* _DIRECTIONS FOR THIS TASK_: Copy each line that contains the string "Bool", taking them from the material.

* _DATA FOR THE TASK_:
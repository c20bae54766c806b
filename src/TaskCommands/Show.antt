-- ===== src/TaskCommands/Show.antt =====
-- internal/app/task_service.go: the commands that show the active task and the open tasks.
pub mod Lines
use claw.Prelude.{Bool, true, false, Option, none, some, List, [], ◌∷◌, ◌++◌, if◌then◌else◌}
use claw.Prelude.Text.{Text, codes, text_eq}
use claw.Errors.{Action, Result, ok, err, ◌>>=◌, or_wrap, continue_with, succeed}
use claw.Types.{MessageResponse, Task, ActiveTask}
use claw.Commands.{task_list, task_new_placeholder, task_switch_placeholder, task_close}
use claw.Services.{ThreadStore}
use claw.Message.Replies.{no_active_task_message}
use claw.TaskCommands.{task_command_response, render_task, not_loaded_message}
use claw.TaskCommands.Close.{TaskWorktrees, is_active_task}

-- strings.Join with a newline
unfoldable pub join_lines : List Text → Text
join_lines [] = []
join_lines (l ∷ []) = l
join_lines (l ∷ m ∷ rest) = l ++ (10 ∷ join_lines (m ∷ rest))

unfoldable pub no_open_tasks_message : Text → Text
no_open_tasks_message c =
    codes "No open tasks yet. Use " ++ (task_new_placeholder c ++ codes " to create one.")

unfoldable pub active_message : Text → Text → Text → Text
active_message c task_id rendered =
    codes "Active task: "
    ++ (rendered
        ++ (codes ". Use "
            ++ (task_list c
                ++ (codes " to see open tasks or "
                    ++ (task_close c task_id ++ codes " when you're done.")))))

abbrev pub with_branch : Task → Option Text → Text
with_branch task none = render_task task
with_branch task (some branch) = render_task task ++ (codes " [branch: `" ++ (branch ++ codes "`]"))

abbrev pub task_line : Bool → Text → Text
task_line is_active rendered =
    codes "- " ++ (if is_active then rendered ++ codes " [active]" else rendered)

abbrev pub list_reply : Text → List Text → MessageResponse
list_reply c lines = task_command_response (
    join_lines (
      codes "Open tasks:"
      ∷ (lines
          ++ ((codes "Use " ++ (task_switch_placeholder c ++ codes " to change the active task."))
              ∷ []))))

module _ {W : Type 0} where
  -- What reads the branch of a worktree, if the manager is there and has it.
  abbrev pub branch_of : Option (Task → Action W (Option Text)) → Task → Action W (Option Text)
  branch_of none task = succeed none
  branch_of (some current_branch) task =
      or_wrap (codes "load task worktree branch") (current_branch task)

  abbrev pub branch_reader : Option (TaskWorktrees W) → Option (Task → Action W (Option Text))
  branch_reader none = none
  branch_reader (some worktrees) = worktrees.current_branch

  abbrev pub render_task_with_branch : Option (TaskWorktrees W) → Task → Action W Text
  render_task_with_branch worktrees task =
      branch_of (branch_reader worktrees) task >>= λ branch. succeed (with_branch task branch)

  -- The lines of the loop over the open tasks.
  unfoldable pub list_lines :
      Option (TaskWorktrees W) → Option ActiveTask → List Task → Action W (List Text)
  list_lines worktrees active [] = succeed []
  list_lines worktrees active (task ∷ tasks) =
      render_task_with_branch worktrees task >>= λ rendered.
      list_lines worktrees active tasks >>= λ rest.
      succeed (task_line (is_active_task task active) rendered ∷ rest)

module _ {W : Type 0} (store : ThreadStore W) (worktrees : Option (TaskWorktrees W))
    (c : Text) where
  abbrev pub show_task : Text → Option Task → Action W MessageResponse
  show_task task_id none = succeed (task_command_response (not_loaded_message c task_id))
  show_task task_id (some task) = render_task_with_branch worktrees task >>= λ rendered.
      succeed (task_command_response (active_message c task.task_id rendered))

  abbrev pub show_active : Text → Option ActiveTask → Action W MessageResponse
  show_active user_id none = succeed (task_command_response (no_active_task_message c))
  show_active user_id (some active) =
      or_wrap (codes "load active task details") (store.get_task user_id active.task_id)
      >>= show_task active.task_id

  unfoldable pub show_current_task : Text → Action W MessageResponse
  unfolding not_loaded_message active_message
  show_current_task user_id =
      or_wrap (codes "load active task") (store.get_active_task user_id) >>= show_active user_id

  abbrev pub list_with : List Task → Option ActiveTask → Action W MessageResponse
  list_with tasks active =
      list_lines worktrees active tasks >>= λ lines. succeed (list_reply c lines)

  abbrev pub list_found : Text → List Task → Action W MessageResponse
  list_found user_id [] = succeed (task_command_response (no_open_tasks_message c))
  list_found user_id (task ∷ tasks) =
      or_wrap (codes "load active task") (store.get_active_task user_id)
      >>= list_with (task ∷ tasks)

  unfoldable pub list_tasks : Text → Action W MessageResponse
  unfolding list_lines join_lines no_open_tasks_message
  list_tasks user_id =
      or_wrap (codes "list open tasks") (store.list_open_tasks user_id) >>= list_found user_id
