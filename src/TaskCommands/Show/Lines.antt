-- ===== src/TaskCommands/Show/Lines.antt =====
-- internal/app/task_service.go: what the list of the open tasks shows, over the SQLite store.
use mathlib.Core.List.{Mem, mem-cons_self, mem-cons_of_mem}
use claw.Prelude.{
  map, All, arith, sym, ◌≢◌, ◌≡◌, refl, ap, ◌∙◌, ◌⊎◌, inl, inr, Option, List, [], ◌∷◌,
}
use claw.Prelude.Text.{Text, codes}
use claw.Errors.{Error, Result, ok, err, ◌>>=◌, ◌>>◌, or_wrap, wrap, continue_with, succeed}
use claw.Types.{MessageResponse, Task, ActiveTask}
use claw.TaskBranch.{Unicode}
use claw.Store.{Tables, Store, driver, query, driver-cases}
use claw.Store.Tasks.{open_tasks, list_open_tasks, get_active_task}
use claw.Store.Tasks.Closing.{active_of}
use claw.Services.{sqlite_store}
use claw.TaskCommands.{task_command_response}
use claw.TaskCommands.Close.{TaskWorktrees, is_active_task}
use claw.TaskCommands.Show.{
  with_branch, task_line, list_reply, no_open_tasks_message, branch_of, branch_reader, list_lines,
  list_found, list_tasks,
}

-- Reading a branch leaves the tables alone.
abbrev pub Reads : Option (TaskWorktrees Store) → Type 0
Reads worktrees =
    (task : Task) (s : Store) → (branch_of (branch_reader worktrees) task s).1.tables ≡ s.tables

-- The line of a task with its branch.
abbrev pub line_of : Option ActiveTask → Task × Option Text → Text
line_of active (task, branch) = task_line (is_active_task task active) (with_branch task branch)

module _ (worktrees : Option (TaskWorktrees Store)) (t : Tables) where
  -- The branch of a task as it is read, with the tables as they were.
  abbrev pub HasBranch : Task × Option Text → Type 0
  HasBranch (task, branch) =
      (v : Store) × (v.tables ≡ t) × ((branch_of (branch_reader worktrees) task v).0 ≡ ok branch)

  -- Reading the branch of one of the tasks failed.
  abbrev pub NoBranch : List Task → Error → Type 0
  NoBranch tasks e =
      (task : Task) × (v : Store) × Mem task tasks
      × (v.tables ≡ t)
      × ((branch_of (branch_reader worktrees) task v).0 ≡ err e)

  -- Why the command fails, from the store `s`: the call that failed, with its error.
  pub data ListFault (user_id : Text) (s : Store) : Error → Type 0 where
    no_tasks :
        (x : Error) (v : Store)
        → list_open_tasks user_id s ≡ (err x, v)
        → ListFault user_id s (wrap (codes "list open tasks") x)
    no_choice :
        (x : Error) (tasks : List Task) (v w : Store)
        → list_open_tasks user_id s ≡ (ok tasks, v)
        → get_active_task user_id v ≡ (err x, w)
        → ListFault user_id s (wrap (codes "load active task") x)
    no_branch : (x : Error) → NoBranch (open_tasks user_id t.tasks) x → ListFault user_id s x

  -- The ways the command ends; none changes the tables. What is shown are the open tasks in the order of
  -- the query, each with its branch.
  pub data Lists (c user_id : Text) (s : Store) : Result MessageResponse × Store → Type 0 where
    fails :
        (e : Error) (v : Store)
        → ListFault user_id s e
        → v.tables ≡ t
        → Lists c user_id s (err e, v)
    empty :
        (v : Store)
        → v.tables ≡ t
        → open_tasks user_id t.tasks ≡ []
        → Lists c user_id s (ok (task_command_response (no_open_tasks_message c)), v)
    listed :
        (shown : List (Task × Option Text)) (v : Store)
        → v.tables ≡ t
        → open_tasks user_id t.tasks ≢ []
        → map (λ x. x.0) shown ≡ open_tasks user_id t.tasks
        → All HasBranch shown
        → Lists c user_id s (ok (list_reply c (map (line_of (active_of user_id t)) shown)), v)

  pub data Lined (active : Option ActiveTask) (tasks : List Task)
      : Result (List Text) × Store → Type 0 where
    stopped :
        (e : Error) (s : Store) → NoBranch tasks e → s.tables ≡ t → Lined active tasks (err e, s)
    lined :
        (shown : List (Task × Option Text)) (s : Store)
        → s.tables ≡ t
        → map (λ x. x.0) shown ≡ tasks
        → All HasBranch shown
        → Lined active tasks (ok (map (line_of active) shown), s)

module _ (worktrees : Option (TaskWorktrees Store)) (reads : Reads worktrees)
    (active : Option ActiveTask) (t : Tables) where
  line_before :
      (task : Task) (branch : Option Text) (tasks : List Task) (r : Result (List Text) × Store)
      → HasBranch worktrees t (task, branch)
      → Lined worktrees t active tasks r
      → Lined worktrees t active (task ∷ tasks) (
          continue_with
            (λ rest.
              succeed (task_line (is_active_task task active) (with_branch task branch) ∷ rest))
            r)
  line_before task branch tasks _ h (stopped e v (other, w, m, same, x) kept) =
      stopped e v (other, w, mem-cons_of_mem task m, same, x) kept
  line_before task branch tasks _ h (lined shown v kept l hs) =
      lined ((task, branch) ∷ shown) v kept (ap (λ xs. task ∷ xs) l) (h, hs)

  branch_before :
      (task : Task) (tasks : List Task) (s : Store) (r : Result (Option Text) × Store)
      → s.tables ≡ t
      → branch_of (branch_reader worktrees) task s ≡ r
      → r.1.tables ≡ t
      → ((v : Store)
          → v.tables ≡ t
          → Lined worktrees t active tasks (list_lines worktrees active tasks v))
      → Lined worktrees t active (task ∷ tasks) (
          continue_with
            (λ rendered. list_lines worktrees active tasks >>= λ rest.
              succeed (task_line (is_active_task task active) rendered ∷ rest))
            (continue_with (λ branch. succeed (with_branch task branch)) r))
  branch_before task tasks s (err e, v) same h kept rest =
      stopped e v (task, s, mem-cons_self, same, ap (λ x. x.0) h) kept
  branch_before task tasks s (ok branch, v) same h kept rest =
      line_before task branch tasks (list_lines worktrees active tasks v) (s, same, ap (λ x. x.0) h)
        (rest v kept)

  list_lines-Lined :
      (tasks : List Task) (s : Store)
      → s.tables ≡ t
      → Lined worktrees t active tasks (list_lines worktrees active tasks s)
  unfolding list_lines
  list_lines-Lined [] s same = lined [] s same refl tt
  list_lines-Lined (task ∷ tasks) s same =
      branch_before task tasks s (branch_of (branch_reader worktrees) task s) same refl
        (reads task s ∙ same) (λ v kept. list_lines-Lined tasks v kept)

-- A read gives what the tables hold, or fails; the tables stay.
query-cases :
    {A : Type 0} (x : Text) (f : Tables → A) (s : Store)
    → ((v : Store) × ((or_wrap x driver >> query f) s ≡ (ok (f s.tables), v))
        × (v.tables ≡ s.tables))
      ⊎ ((e : Error) × (v : Store) × ((or_wrap x driver >> query f) s ≡ (err e, v))
          × (v.tables ≡ s.tables))
unfolding query
query-cases x f s = elim (driver-cases s) [
  | inl (v, e, same, clocked) ↦ inl (v, rw e (ap (λ t. (ok (f t), v)) same), same)
  | inr (y, v, e, same) ↦ inr (wrap x y, v, rw e refl, same)
]

module _ (u : Unicode) (worktrees : Option (TaskWorktrees Store)) (reads : Reads worktrees)
    (c user_id : Text) (s : Store) where
  with_lines :
      (task : Task) (tasks : List Task) (r : Result (List Text) × Store)
      → open_tasks user_id s.tables.tasks ≡ task ∷ tasks
      → Lined worktrees s.tables (active_of user_id s.tables) (task ∷ tasks) r
      → Lists worktrees s.tables c user_id s
          (continue_with (λ lines. succeed (list_reply c lines)) r)
  with_lines task tasks _ e (stopped x v (one, w, m, same, h) kept) =
      fails x v (no_branch x (one, w, rw e m, same, h)) kept
  with_lines task tasks _ e (lined shown v kept l hs) =
      listed shown v kept (λ n. ground (arith, e, n)) (l ∙ sym e) hs

  list_found-Lists :
      (tasks : List Task) (v : Store)
      → list_open_tasks user_id s ≡ (ok tasks, v)
      → v.tables ≡ s.tables
      → open_tasks user_id s.tables.tasks ≡ tasks
      → Lists worktrees s.tables c user_id s
          (list_found (sqlite_store u) worktrees c user_id tasks v)
  unfolding get_active_task active_of
  list_found-Lists [] v at same e = empty v same e
  list_found-Lists (task ∷ tasks) v at same e =
      elim (query-cases (codes "scan active task") (active_of user_id) v) [
        | inl (w, read, kept) ↦ rw read (
            with_lines task tasks _ e (
              rw same (
                list_lines-Lined worktrees reads (active_of user_id s.tables) s.tables
                  (task ∷ tasks) w (kept ∙ same))))
        | inr (x, w, read, kept) ↦
            rw read (fails _ w (no_choice x (task ∷ tasks) v w at read) (kept ∙ same))
      ]

-- When reading a branch leaves the tables alone, listing the open tasks leaves them alone too, and fails
-- only with the error of a call that failed: of the list, the active task or a branch. It tells that
-- there is no open task exactly when the user has none; else it gives one line for each open task of
-- the user, in the order of the query, with the branch that was read, and marks that of the active task.
pub list_tasks-Lists :
    (u : Unicode) (worktrees : Option (TaskWorktrees Store)) (c user_id : Text) (s : Store)
    → Reads worktrees
    → Lists worktrees s.tables c user_id s (list_tasks (sqlite_store u) worktrees c user_id s)
unfolding list_tasks list_open_tasks
list_tasks-Lists u worktrees c user_id s reads =
    elim (query-cases (codes "query open tasks") (λ t. open_tasks user_id t.tasks) s) [
      | inl (v, read, kept) ↦ rw read (
          list_found-Lists u worktrees reads c user_id s (open_tasks user_id s.tables.tasks) v read
            kept refl)
      | inr (x, v, read, kept) ↦ rw read (fails _ v (no_tasks x v read) kept)
    ]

* _WORKED SOLUTION_:
use claw.Prelude.{Bool, true, false, Option, none, some, List, [], ◌∷◌, ◌++◌, if◌then◌else◌}
abbrev pub task_line : Bool → Text → Text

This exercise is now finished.